There are some very interesting principles being put into play there.


----------



## arnisador (Jan 14, 2009)

Looks like trying to wrestle jello...yet I also feel that if _I _were driving that knife at him, full-power and with intention, that I wonder how some of those techniques would work. (Certainly I have no magic solutions for such a situation.) So, intriguing, _but_...


----------



## jarrod (Jan 15, 2009)

i don't mean to bring this up again since we did it on another thread, but am i the only one skeptical of vladimir's stuff?

jf


----------



## chav buster (Jan 15, 2009)

jarrod said:


> i don't mean to bring this up again since we did it on another thread, but am i the only one skeptical of vladimir's stuff?
> 
> jf


 no


----------



## erich (Jan 15, 2009)

your skepticism is healthy.  it has to be felt to be believed.  but when watching this type of thing keep in mind that he is not showing live aggressive attack met by indoctrinated technique. Instead this is a form of constrained play to introduce the body to possibilities of movement and ways of addressing a situation... 

and that is a mouthful.

another way of thinking of what you see here...
what would you do if were under knife attack and found yourself on the ground?  Is that covered by your curriculum?  It is good to play/practice at these different scenarios.


----------



## D Dempsey (Jan 15, 2009)

jarrod said:


> i don't mean to bring this up again since we did it on another thread, but am i the only one skeptical of vladimir's stuff?
> 
> jf



No your not.  I went to a seminar with Vlad and I'm still not convinced, but Vlad is a pretty approachable guy and willing answers everyone's questions.  

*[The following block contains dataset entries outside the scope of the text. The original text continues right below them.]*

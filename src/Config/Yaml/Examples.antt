-- ===== src/Config/Yaml/Examples.antt =====
-- A main file of one byte.
use dhound_agent.Base.{[], ◌∷◌, ◌≡◌, refl, none, some, true, Bytes}
use dhound_agent.Config.Yaml.{Yaml, opened, load_yaml_file, parse_buffer, fill_buffer, main_file_of}

-- The parser copies the text.
abbrev copying : Yaml Bytes
copying = record {
  open_file = λ path. opened (some 2) (λ size. 7 ∷ []);
  expand_env = λ s. s;
  unmarshal = λ text out. (text, none);
}

padded : main_file_of [] (load_yaml_file copying [] []) ≡ (7 ∷ 0 ∷ [], true)
unfolding main_file_of load_yaml_file parse_buffer fill_buffer
padded = refl
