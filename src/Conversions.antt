-- ===== src/Conversions.antt =====
-- util_convert.go. What it calls of package strconv is written out for base 10; the width of `int` and
-- `uint` is an argument, 32 or 64.
pub mod RoundTrip
mod Examples
use dhound_agent.Base.{
  ℕ, ℤ, pos, negsuc, suc, ◌+◌, ◌-◌, ◌*◌, ◌^◌, [], ◌∷◌, Option, none, some, Bool, true, false, ◌&&◌,
  ◌==◌, ltb, leb, if◌then◌else◌, length, Bytes, format_decimal,
}

-- The loop over the digits, from a value on; `none` at another character.
unfoldable pub parse_digits : ℕ → Bytes → Option ℕ
parse_digits n [] = some n
parse_digits n (c ∷ s) =
    let rest = parse_digits (10 * n + (c - b'0')) s in
    if leb b'0' c && leb c b'9' then rest else none

-- `strconv.ParseUint(s, 10, bits)`; `none` is an error, of the syntax or of the range.
unfoldable pub parse_uint : ℕ → Bytes → Option ℕ
unfolding parse_digits
parse_uint bits s =
    if ltb 0 (length s)
    then elim (parse_digits 0 s) [
      | none ↦ none
      | some n ↦ if ltb n (2 ^ bits) then some n else none
    ]
    else none

abbrev pub negate : ℕ → ℤ
negate n = if n == 0 then pos 0 else negsuc (n - 1)

-- A magnitude with its sign, if it is in the range of `bits`.
pub with_sign : ℕ → Bool → Option ℕ → Option ℤ
with_sign bits negative none = none
with_sign bits negative (some n) =
    if negative
    then (if leb n (2 ^ (bits - 1)) then some (negate n) else none)
    else if ltb n (2 ^ (bits - 1))
    then some (pos n)
    else none

-- `strconv.ParseInt(s, 10, bits)`.
unfoldable pub parse_int : ℕ → Bytes → Option ℤ
unfolding parse_uint with_sign
parse_int bits [] = none
parse_int bits (c ∷ s) =
    if c == b'-'
    then with_sign bits true (parse_uint bits s)
    else if c == b'+'
    then with_sign bits false (parse_uint bits s)
    else with_sign bits false (parse_uint bits (c ∷ s))

pub or_zero : Option ℤ → ℤ
or_zero none = pos 0
or_zero (some n) = n

unfoldable pub force_atoi : ℕ → Bytes → ℤ
unfolding parse_int or_zero
force_atoi int_bits s = or_zero (parse_int int_bits s)

unfoldable pub force_atoui : ℕ → Bytes → ℕ
unfolding parse_uint
force_atoui int_bits s = elim (parse_uint int_bits s) [ none ↦ 0 | some n ↦ n ]

unfoldable pub force_atoi64 : Bytes → ℤ
unfolding parse_int or_zero
force_atoi64 s = or_zero (parse_int 64 s)

unfoldable pub format_int : ℤ → Bytes
unfolding format_decimal
format_int (pos n) = format_decimal n
format_int (negsuc n) = b'-' ∷ format_decimal (suc n)

unfoldable pub itoa : ℤ → Bytes
unfolding format_int
itoa i = format_int i

unfoldable pub i64toa : ℤ → Bytes
unfolding format_int
i64toa i = format_int i
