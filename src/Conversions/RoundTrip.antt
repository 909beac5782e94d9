-- ===== src/Conversions/RoundTrip.antt =====
-- util_convert.go: a printed number is read back.
use dhound_agent.Base.{
  ℕ, ℤ, pos, negsuc, zero, suc, ◌+◌, ◌*◌, ◌/◌, ◌%◌, ◌^◌, ◌<◌, ◌≤◌, [], ◌∷◌, ◌≡◌, refl, ◌∙◌, ap, sym,
  some, true, false, ltb, length, arith, Bytes, format_decimal, digits, lt→ltb, Bool-cases, inl,
  some_inj, inr,
}
use dhound_agent.Conversions.{
  parse_digits, parse_uint, with_sign, parse_int, or_zero, force_atoi64, format_int, i64toa,
  force_atoui,
}

parse_digit :
    (m n : ℕ) (out : Bytes)
    → 10 * m + n % 10 ≡ n
    → parse_digits m ((b'0' + n % 10) ∷ out) ≡ parse_digits n out
unfolding parse_digits
parse_digit m n out h = ground (arith, ap (λ k. parse_digits k out) h)

parse_digits-digits :
    (fuel n : ℕ) (out : Bytes) → n < fuel → parse_digits 0 (digits fuel n out) ≡ parse_digits n out
unfolding digits
parse_digits-digits zero n out h = absurd (omega arith)
parse_digits-digits (suc fuel) n out h = elim (Bool-cases (ltb 9 n)) [
  | inl e ↦ rw e (
      parse_digits-digits fuel (n / 10) ((b'0' + n % 10) ∷ out) (ground arith)
      ∙ parse_digit (n / 10) n out (omega arith))
  | inr e ↦ rw e (parse_digit 0 n out (ground arith))
]

-- A text that begins with a digit, or at least with no sign.
abbrev pub StartsWithDigit : Bytes → Type 0
StartsWithDigit s = (c : ℕ) × (rest : Bytes) × (s ≡ c ∷ rest) × (b'0' ≤ c)

digits-head : (fuel n c : ℕ) (out : Bytes) → b'0' ≤ c → StartsWithDigit (digits fuel n (c ∷ out))
unfolding digits
digits-head zero n c out h = (c, out, refl, h)
digits-head (suc fuel) n c out h = elim (Bool-cases (ltb 9 n)) [
  | inl e ↦ rw e (digits-head fuel (n / 10) (b'0' + n % 10) (c ∷ out) (omega arith))
  | inr e ↦ rw e (b'0' + n % 10, c ∷ out, refl, omega arith)
]

format_decimal-head : (n : ℕ) → StartsWithDigit (format_decimal n)
unfolding format_decimal digits
format_decimal-head n = elim (Bool-cases (ltb 9 n)) [
  | inl e ↦ rw e (digits-head n (n / 10) (b'0' + n % 10) [] (omega arith))
  | inr e ↦ rw e (b'0' + n % 10, [], refl, omega arith)
]

pub length-format_decimal : (n : ℕ) → ltb 0 (length (format_decimal n)) ≡ true
length-format_decimal n =
    let (c, rest, e, _) = format_decimal-head n in
    ap (λ s. ltb 0 (length s)) e ∙ lt→ltb 0 (suc (length rest)) (omega arith)

pub parse_digits-format_decimal : (n : ℕ) → parse_digits 0 (format_decimal n) ≡ some n
unfolding format_decimal parse_digits
parse_digits-format_decimal n = parse_digits-digits (suc n) n [] (omega arith)

pub format_decimal_inj : (m n : ℕ) → format_decimal m ≡ format_decimal n → m ≡ n
format_decimal_inj m n h =
    some_inj
      (sym (parse_digits-format_decimal m) ∙ ap (parse_digits 0) h ∙ parse_digits-format_decimal n)

parse_uint-format_decimal :
    (bits n : ℕ) → n < 2 ^ bits → parse_uint bits (format_decimal n) ≡ some n
unfolding parse_uint
parse_uint-format_decimal bits n h =
    rw (length-format_decimal n, parse_digits-format_decimal n, lt→ltb n (2 ^ bits) h) refl

-- A number that fits into the width comes back from its decimal print.
pub force_atoui-format_decimal :
    (bits n : ℕ) → n < 2 ^ bits → force_atoui bits (format_decimal n) ≡ n
unfolding force_atoui
force_atoui-format_decimal bits n h = rw (parse_uint-format_decimal bits n h, force_atoui) refl

-- The range of int64.
abbrev pub IsInt64 : ℤ → Type 0
IsInt64 (pos n) = n < 2 ^ 63
IsInt64 (negsuc n) = n < 2 ^ 63

parse_int-digit :
    (bits c : ℕ) (rest : Bytes)
    → b'0' ≤ c
    → parse_int bits (c ∷ rest) ≡ with_sign bits false (parse_uint bits (c ∷ rest))
unfolding parse_int
parse_int-digit bits c rest h = ground arith

parse_int-pos : (n : ℕ) → n < 2 ^ 63 → parse_int 64 (format_decimal n) ≡ some (pos n)
unfolding with_sign
parse_int-pos n h =
    let (c, rest, e, k) = format_decimal-head n in
    ap (parse_int 64) e
    ∙ parse_int-digit 64 c rest k
    ∙ ap (λ s. with_sign 64 false (parse_uint 64 s)) (sym e)
    ∙ ap (with_sign 64 false) (parse_uint-format_decimal 64 n (omega arith))
    ∙ ground arith

parse_int-negsuc :
    (n : ℕ) → n < 2 ^ 63 → parse_int 64 (b'-' ∷ format_decimal (suc n)) ≡ some (negsuc n)
unfolding parse_int with_sign
parse_int-negsuc n h =
    ap (with_sign 64 true) (parse_uint-format_decimal 64 (suc n) (omega arith)) ∙ ground arith

-- An int64 comes back from its decimal print, of either sign.
pub force_atoi64-i64toa : (i : ℤ) → IsInt64 i → force_atoi64 (i64toa i) ≡ i
unfolding force_atoi64 i64toa format_int or_zero
force_atoi64-i64toa (pos n) h = ap or_zero (parse_int-pos n h)
force_atoi64-i64toa (negsuc n) h = ap or_zero (parse_int-negsuc n h)
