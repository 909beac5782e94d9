-- ===== src/Conversions/Examples.antt =====
-- Conversions of small numbers.
use dhound_agent.Base.{pos, negsuc, ◌≡◌, refl, codes, arith}
use dhound_agent.Conversions.{force_atoi64, i64toa, force_atoi, force_atoui}
use dhound_agent.Conversions.RoundTrip.{force_atoi64-i64toa}

force_atoi64-i64toa_example : force_atoi64 (i64toa (negsuc 41)) ≡ negsuc 41
force_atoi64-i64toa_example = force_atoi64-i64toa (negsuc 41) (omega arith)

no_number : force_atoui 64 (codes "12a") ≡ 0
unfolding force_atoui
no_number = refl

too_large : force_atoi 32 (codes "2147483648") ≡ pos 0
unfolding force_atoi
too_large = refl
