-- ===== src/Crawler.antt =====
-- crawler_files.go and crawler_wineventlog_windows.go, part by part.
pub mod Lines
pub mod Parsing
pub mod FileList
pub mod RunOnce
pub mod EventLog
pub mod Running
pub mod Together
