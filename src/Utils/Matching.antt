-- ===== src/Utils/Matching.antt =====
-- utils.go: the functions over regular expressions and result maps. A range over a map visits the
-- entries in the order of the association list; Go leaves that order open.
pub mod Captures
pub mod Split
pub mod Exclude
pub mod Message
use dhound_agent.Base.{
  ℕ, ◌-◌, List, [], ◌∷◌, ◌++◌, Bool, true, false, ◌&&◌, if◌then◌else◌, length, Option, none, some,
  Bytes, codes, Dict, put, value_of, ltb, take, drop,
}
use dhound_agent.Regexp.{Regexp}
use dhound_agent.Strings.{replace}

-- `text[i:j]`, for indices in range.
abbrev pub slice : ℕ → ℕ → Bytes → Bytes
slice i j text = take (j - i) (drop i text)

module _ (regexp : Regexp) where
  open regexp use {
    Regex, match_string, find_all_string_submatch, find_all_string_index, subexp_names,
  }

  -- The loop over the names of one match. Both lists have one length, so that `match[i]` is there.
  pub fill : List Bytes → List Bytes → Dict Bytes → Dict Bytes
  fill [] values m = m
  fill (name ∷ names) [] m = m
  fill (name ∷ names) (value ∷ values) m =
      fill names values
        (if ltb 0 (length name) && ltb 0 (length value) then put name value m else m)

  pub fill_all : List Bytes → List (List Bytes) → Dict Bytes → Dict Bytes
  unfolding fill
  fill_all names [] m = m
  fill_all names (match ∷ matches) m = fill_all names matches (fill names match m)

  unfoldable pub regex_find_all_submatches : Bytes → Regex → Dict Bytes → Dict Bytes
  unfolding fill_all put
  regex_find_all_submatches text regex m =
      fill_all (subexp_names regex) (find_all_string_submatch regex text) m

  split_loop : Bytes → ℕ → List (ℕ × ℕ) → List Bytes
  split_loop text last_start [] = drop last_start text ∷ []
  split_loop text last_start ((i, j) ∷ rest) = slice last_start i text ∷ split_loop text j rest

  unfoldable pub regex_split : Bytes → Regex → List Bytes
  unfolding split_loop
  regex_split text delimeter = split_loop text 0 (find_all_string_index delimeter text)

  -- Whether one entry of the filter fires; a nil expression does not.
  pub excludes : Dict Bytes → Bytes × Option Regex → Bool
  excludes result_map (name, none) = false
  excludes result_map (name, some regex) =
      ltb 0 (length (value_of [] name result_map))
      && match_string regex (value_of [] name result_map)

  exclude_loop : List (Bytes × Option Regex) → Dict Bytes → Bool → Bool
  exclude_loop [] result_map skip_event = skip_event
  exclude_loop (entry ∷ rest) result_map skip_event =
      exclude_loop rest result_map (if excludes result_map entry then true else skip_event)

  unfoldable pub apply_exclude_filter_to_security_events : Dict (Option Regex) → Dict Bytes → Bool
  unfolding exclude_loop excludes
  apply_exclude_filter_to_security_events filter result_map =
      if ltb 0 (length filter) then exclude_loop filter result_map false else false

message_loop : Dict Bytes → Bytes → Bytes
message_loop [] message = message
message_loop ((key, value) ∷ rest) message =
    message_loop rest (replace (codes "#" ++ key) value (length message) message)

unfoldable pub apply_filter_to_security_message : Bytes → Dict Bytes → Bytes
unfolding message_loop replace
apply_filter_to_security_message message result_map =
    if ltb 0 (length message) then message_loop result_map message else message
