-- ===== src/Usb/Tasks.antt =====
-- The three tasks of usb/usb_communicat.c, interleaved, behind `hid_context_init`. The serial port
-- is shared with the tasks of the other parts, which may change it at any time.
pub mod Whole
use multi_port_convertor.Base.{
  ℕ, ◌≡◌, Bool, true, false, List, [], Option, none, some, Outcome, done, exits, ◌>>=◌, ◌>>◌,
  replicate,
}
use multi_port_convertor.Tool.Mailbox.{Message, mailbox_create}
use multi_port_convertor.Tool.Thread.{Pthread, add_new_thread}
use multi_port_convertor.Uart.State.{Uart}
use multi_port_convertor.Uart.Tasks.{buffers, from_to}
use multi_port_convertor.Usb.Data.{Hid, tick, hid_data_round}
use multi_port_convertor.Usb.Reader.{connect, take_buffer, on_read}

-- The variables when the program starts, and the buffers behind their creation. `words` is what the
-- memory of the buffers holds.
abbrev pub started : (ℕ → List ℕ) → ℕ → Hid
started words id = record {
  free = from_to 0 buffers;
  mailbox = [];
  mbx_id = id;
  words = words;
  timer = 0;
  hid_key_buf = replicate 128 0;
  hid_key_length = 0;
  hid_dev_type = 0;
}

-- `hid_context_init`; `created` is what `create_buf_factory` comes to.
unfoldable pub hid_context_init :
    (created : Outcome (Unit {0})) (queue : Option ℕ) → Pthread → (ℕ → List ℕ) → Outcome Hid
hid_context_init created queue threads words = do
  created
  id ← mailbox_create queue
  read ← add_new_thread threads 21 8192
  time ← add_new_thread threads 20 8192
  text ← add_new_thread threads 22 8192
  done (started words id)

-- `set_hid`: the product that `ioctl` gives, or where it fails what the variable held before.
unfoldable pub set_hid : Option ℕ → ℕ → ℕ
set_hid none usb_product = usb_product
set_hid (some product) usb_product = product

-- `reads` says whether the reader is in its second loop; `held` is the buffer with which it waits for a
-- report there; `product` is its local; `msg` is the local of
-- the task of the data.
pub record Readers : Type 0 where
  pub reads : Bool
  pub held : Option ℕ
  pub product : ℕ
  pub msg : Message
  pub hid : Hid
  pub uart : Uart

pub data Step (stack : List ℕ) (s : Readers) : Readers → Type 0 where
  open_round :
      (fd info : Option ℕ) {found : Bool} {h : Hid} {u : Uart}
      → s.reads ≡ false
      → connect stack fd (set_hid info s.product) s.hid s.uart ≡ done (found, h, u)
      → Step stack s
          (record s { reads = found; product = set_hid info s.product; hid = h; uart = u })
  take_round :
      {b : ℕ} {h : Hid}
      → s.reads ≡ true
      → s.held ≡ none
      → take_buffer s.hid ≡ done (b, h)
      → Step stack s (record s { held = some b; hid = h })
  read_round :
      (word : Option (List ℕ)) {b : ℕ} {goes_on : Bool} {h : Hid} {u : Uart}
      → s.held ≡ some b
      → on_read stack b word s.hid s.uart ≡ done (goes_on, h, u)
      → Step stack s (record s { reads = goes_on; held = none; hid = h; uart = u })
  data_round :
      {m : Message} {h : Hid} {u : Uart}
      → hid_data_round stack s.msg s.hid s.uart ≡ done (m, h, u)
      → Step stack s (record s { msg = m; hid = h; uart = u })
  timer_round : Step stack s (record s { hid = tick s.hid })
  elsewhere : (u : Uart) → Step stack s (record s { uart = u })

pub data Reach (stack : List ℕ) (words : ℕ → List ℕ) : Readers → Type 0 where
  here :
      (id product : ℕ) (m : Message) (u : Uart)
      → Reach stack words (record {
        reads = false;
        held = none;
        product = product;
        msg = m;
        hid = started words id;
        uart = u;
      })
  next : {s t : Readers} → Reach stack words s → Step stack s t → Reach stack words t
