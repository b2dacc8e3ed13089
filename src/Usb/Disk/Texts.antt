-- ===== src/Usb/Disk/Texts.antt =====
-- The constant texts of `read_wifi_param` in usb/udisk.c, as bytes.
use multi_port_convertor.Base.{ℕ, List, [], ◌∷◌}

-- `"uci set wireless.sta.ssid='"`
abbrev pub set_ssid : List ℕ
set_ssid =
    b'u' ∷ b'c' ∷ b'i' ∷ 32 ∷ b's' ∷ b'e' ∷ b't' ∷ 32 ∷ b'w' ∷ b'i' ∷ b'r' ∷ b'e' ∷ b'l' ∷ b'e'
    ∷ b's' ∷ b's' ∷ b'.' ∷ b's' ∷ b't' ∷ b'a' ∷ b'.' ∷ b's' ∷ b's' ∷ b'i' ∷ b'd' ∷ 61 ∷ 39 ∷ []

-- `"uci set wireless.sta.key='"`
abbrev pub set_key : List ℕ
set_key =
    b'u' ∷ b'c' ∷ b'i' ∷ 32 ∷ b's' ∷ b'e' ∷ b't' ∷ 32 ∷ b'w' ∷ b'i' ∷ b'r' ∷ b'e' ∷ b'l' ∷ b'e'
    ∷ b's' ∷ b's' ∷ b'.' ∷ b's' ∷ b't' ∷ b'a' ∷ b'.' ∷ b'k' ∷ b'e' ∷ b'y' ∷ 61 ∷ 39 ∷ []

-- `"uci commit wireless"`
abbrev pub commit : List ℕ
commit =
    b'u' ∷ b'c' ∷ b'i' ∷ 32 ∷ b'c' ∷ b'o' ∷ b'm' ∷ b'm' ∷ b'i' ∷ b't' ∷ 32 ∷ b'w' ∷ b'i' ∷ b'r'
    ∷ b'e' ∷ b'l' ∷ b'e' ∷ b's' ∷ b's' ∷ []

-- `"/etc/init.d/network restart"`
abbrev pub restart : List ℕ
restart =
    b'/' ∷ b'e' ∷ b't' ∷ b'c' ∷ b'/' ∷ b'i' ∷ b'n' ∷ b'i' ∷ b't' ∷ b'.' ∷ b'd' ∷ b'/' ∷ b'n' ∷ b'e'
    ∷ b't' ∷ b'w' ∷ b'o' ∷ b'r' ∷ b'k' ∷ 32 ∷ b'r' ∷ b'e' ∷ b's' ∷ b't' ∷ b'a' ∷ b'r' ∷ b't' ∷ []

-- `"cp "`
abbrev pub copy_from : List ℕ
copy_from = b'c' ∷ b'p' ∷ 32 ∷ []

-- `" /home/root"`
abbrev pub to_home : List ℕ
to_home = 32 ∷ b'/' ∷ b'h' ∷ b'o' ∷ b'm' ∷ b'e' ∷ b'/' ∷ b'r' ∷ b'o' ∷ b'o' ∷ b't' ∷ []

-- `"/system.conf"`
abbrev pub system_conf : List ℕ
system_conf = b'/' ∷ b's' ∷ b'y' ∷ b's' ∷ b't' ∷ b'e' ∷ b'm' ∷ b'.' ∷ b'c' ∷ b'o' ∷ b'n' ∷ b'f' ∷ []
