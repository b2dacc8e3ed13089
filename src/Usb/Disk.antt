-- ===== src/Usb/Disk.antt =====
-- usb/udisk.c: a disk that is plugged in is mounted, the settings of the wireless network are read
-- from it, and when it is pulled out it is unmounted.
pub mod Texts
pub mod Rounds
pub mod Storage
pub mod Wireless
use multi_port_convertor.Base.{
  ℕ, ◌+◌, Bool, true, false, ◌||◌, List, [], ◌∷◌, ◌++◌, Option, none, some, Outcome, done, faults,
  ◌>>=◌, ◌==◌, if◌then◌else◌,
}
use multi_port_convertor.Uart.State.{Uart, NetState}
use multi_port_convertor.Uart.Notify.{err_sta_ntf, hid_insert_ntf, hid_pullout_ntf}
use multi_port_convertor.Uart.Reply.{format_alone}
use multi_port_convertor.Usb.Disk.Texts.{
  set_ssid, set_key, commit, restart, copy_from, to_home, system_conf,
}

-- `struct UDISK`
pub record Disk : Type 0 where
  pub port : ℕ
  pub state : ℕ
  pub all_capacity : ℕ
  pub left_capacity : ℕ
  pub dir : List ℕ

-- `g_udisk`, `net_state`, the port, and the shell commands that have been run, the last one first.
pub record Disks : Type 0 where
  pub g_udisk : ℕ → Disk
  pub net : ℕ → NetState
  pub uart : Uart
  pub shell : List (List ℕ)

-- "/mnt/"
abbrev pub mnt : List ℕ
mnt = b'/' ∷ b'm' ∷ b'n' ∷ b't' ∷ b'/' ∷ []

abbrev pub sd : ℕ → List ℕ
sd letter = b's' ∷ b'd' ∷ letter ∷ b'1' ∷ []

abbrev pub possible_udisk : List (List ℕ)
possible_udisk = sd b'a' ∷ sd b'b' ∷ sd b'c' ∷ []

unfoldable pub is_prefix : List ℕ → List ℕ → Bool
is_prefix [] s = true
is_prefix (d ∷ t) [] = false
is_prefix (d ∷ t) (c ∷ s) = let rest = is_prefix t s in if c == d then rest else false

-- `strstr`: does the text hold the other?
unfoldable pub strstr : List ℕ → List ℕ → Bool
unfolding is_prefix
strstr [] t = is_prefix t []
strstr (c ∷ s) t = is_prefix t (c ∷ s) || strstr s t

-- The entry of `g_udisk` for a mount point; without one the pointer is NULL or not set.
unfoldable pub entry_of : List ℕ → Outcome ℕ
unfolding strstr
entry_of mount_point =
    if strstr mount_point (sd b'a')
    then done 0
    else if strstr mount_point (sd b'b')
    then done 1
    else if strstr mount_point (sd b'c')
    then done 2
    else faults

abbrev pub put_disk : ℕ → Disk → Disks → Disks
put_disk i d s = record s { g_udisk = λ j. if j == i then d else s.g_udisk j }

-- `do_mount`: `ret` is what `mount` returns, and the capacities are those of `GetStorageInfo`.
unfoldable pub do_mount :
    (ret : ℕ) (all_capacity left_capacity : ℕ) → List ℕ → Disks → Outcome (Option ℕ × Disks)
unfolding entry_of
do_mount ret all_capacity left_capacity name s =
    let mounted = (do
      i ← entry_of (mnt ++ name)
      done (
        some i,
        put_disk i
            (record {
              port = 0;
              state = 0;
              all_capacity = all_capacity;
              left_capacity = left_capacity;
              dir = mnt ++ name;
            })
            s,
      )) in
    if ret == 0 then mounted else done (none, s)

-- `do_umount`
unfoldable pub do_umount : List ℕ → Disks → Outcome Disks
unfolding entry_of
do_umount name s = do
  i ← entry_of (mnt ++ name)
  done (put_disk i (record (s.g_udisk i) { state = 1 }) s)

abbrev pub run : List ℕ → Disks → Disks
run cmd s = record s { shell = cmd ∷ s.shell }

-- `stack` is what the arrays of the notifications hold before them.
module _ (stack : List ℕ) where
  -- `read_wifi_param`: `settings` are the name of the network and its password, or `none` where the
  -- file does not open. Both are formats of `sprintf`.
  unfoldable pub read_wifi_param : Option (List ℕ × List ℕ) → ℕ → Disks → Outcome Disks
  read_wifi_param none i s = do
    u ← err_sta_ntf stack 1 0 2 s.uart
    done (record s {
      uart = u;
      net = λ j. if j == 1 then record (s.net 1) { course = 0; err = 2 } else s.net j;
    })
  read_wifi_param (some (ssid, passwd)) i s = do
    name ← format_alone ssid
    let s1 = run (set_ssid ++ (name ++ (39 ∷ []))) s
    key ← format_alone passwd
    let s2 = run (set_key ++ (key ++ (39 ∷ []))) s1
    file ← format_alone ((s.g_udisk i).dir ++ system_conf)
    done (run (copy_from ++ (file ++ to_home)) (run restart (run commit s2)))

  -- The visit of a disk that is mounted, until it has been pulled out.
  unfoldable pub visit : Option (List ℕ × List ℕ) → List ℕ → ℕ → Disks → Outcome Disks
  unfolding read_wifi_param do_umount
  visit settings name i s = do
    u ← hid_insert_ntf stack 5 s.uart
    s1 ← read_wifi_param settings i (record s { uart = u })
    s2 ← do_umount name s1
    u2 ← hid_pullout_ntf stack 5 s2.uart
    done (record s2 { uart = u2 })

  -- The other entries follow where the disk could not be mounted.
  unfoldable pub visit_or :
      Option (List ℕ × List ℕ) → Option ℕ → List ℕ → Disks → (Disks → Outcome Disks) → Outcome Disks
  unfolding visit
  visit_or settings none name s next = next s
  visit_or settings (some i) name s next = visit settings name i s

  -- One round of `udisk_tsk` from an entry on: which device files are there, what `mount` returns for
  -- them, the capacities, and the settings on the disk.
  unfoldable pub udisk_from :
      (access mount : List ℕ → ℕ) (all_capacity left_capacity : ℕ)
      → Option (List ℕ × List ℕ)
      → List (List ℕ)
      → Disks
      → Outcome Disks
  unfolding visit_or do_mount
  udisk_from access mount all_capacity left_capacity settings [] s = done s
  udisk_from access mount all_capacity left_capacity settings (name ∷ names) s =
      let next = udisk_from access mount all_capacity left_capacity settings names in
      let found = (do
        (disk, s') ← do_mount (mount name) all_capacity left_capacity name s
        visit_or settings disk name s' next) in
      if access name == 0 then found else next s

His material really reminded me of what I learned in a R.O.S.S. study group.


----------



## Nolerama (Jan 15, 2009)

I don't think a ground fight will have someone posture up like that with the knife. For example, a crazy crackhead won't waste time posturing up (if he had any controlling top position). But would maintain that position, and stab furiously at the body... But that's just me daydreaming.

I do like the concept of rolling on the flat part of the blade... I do question the percentage of that happening.

Lots of questions.


----------



## D Dempsey (Jan 15, 2009)

I highly doubt that demo was intended to be a realistic application of knife fighting on the ground.  If anything it was probably a flow drill that Vlad was demonstrating.


----------



## Nolerama (Jan 15, 2009)

that's what i'm saying. i'd like to see him in a realistic situation


----------



## arnisador (Jan 15, 2009)

jarrod said:


> i don't mean to bring this up again since we did it on another thread, but am i the only one skeptical of vladimir's stuff?



No. I need to feel it for myself! Fascinating, anyways.


----------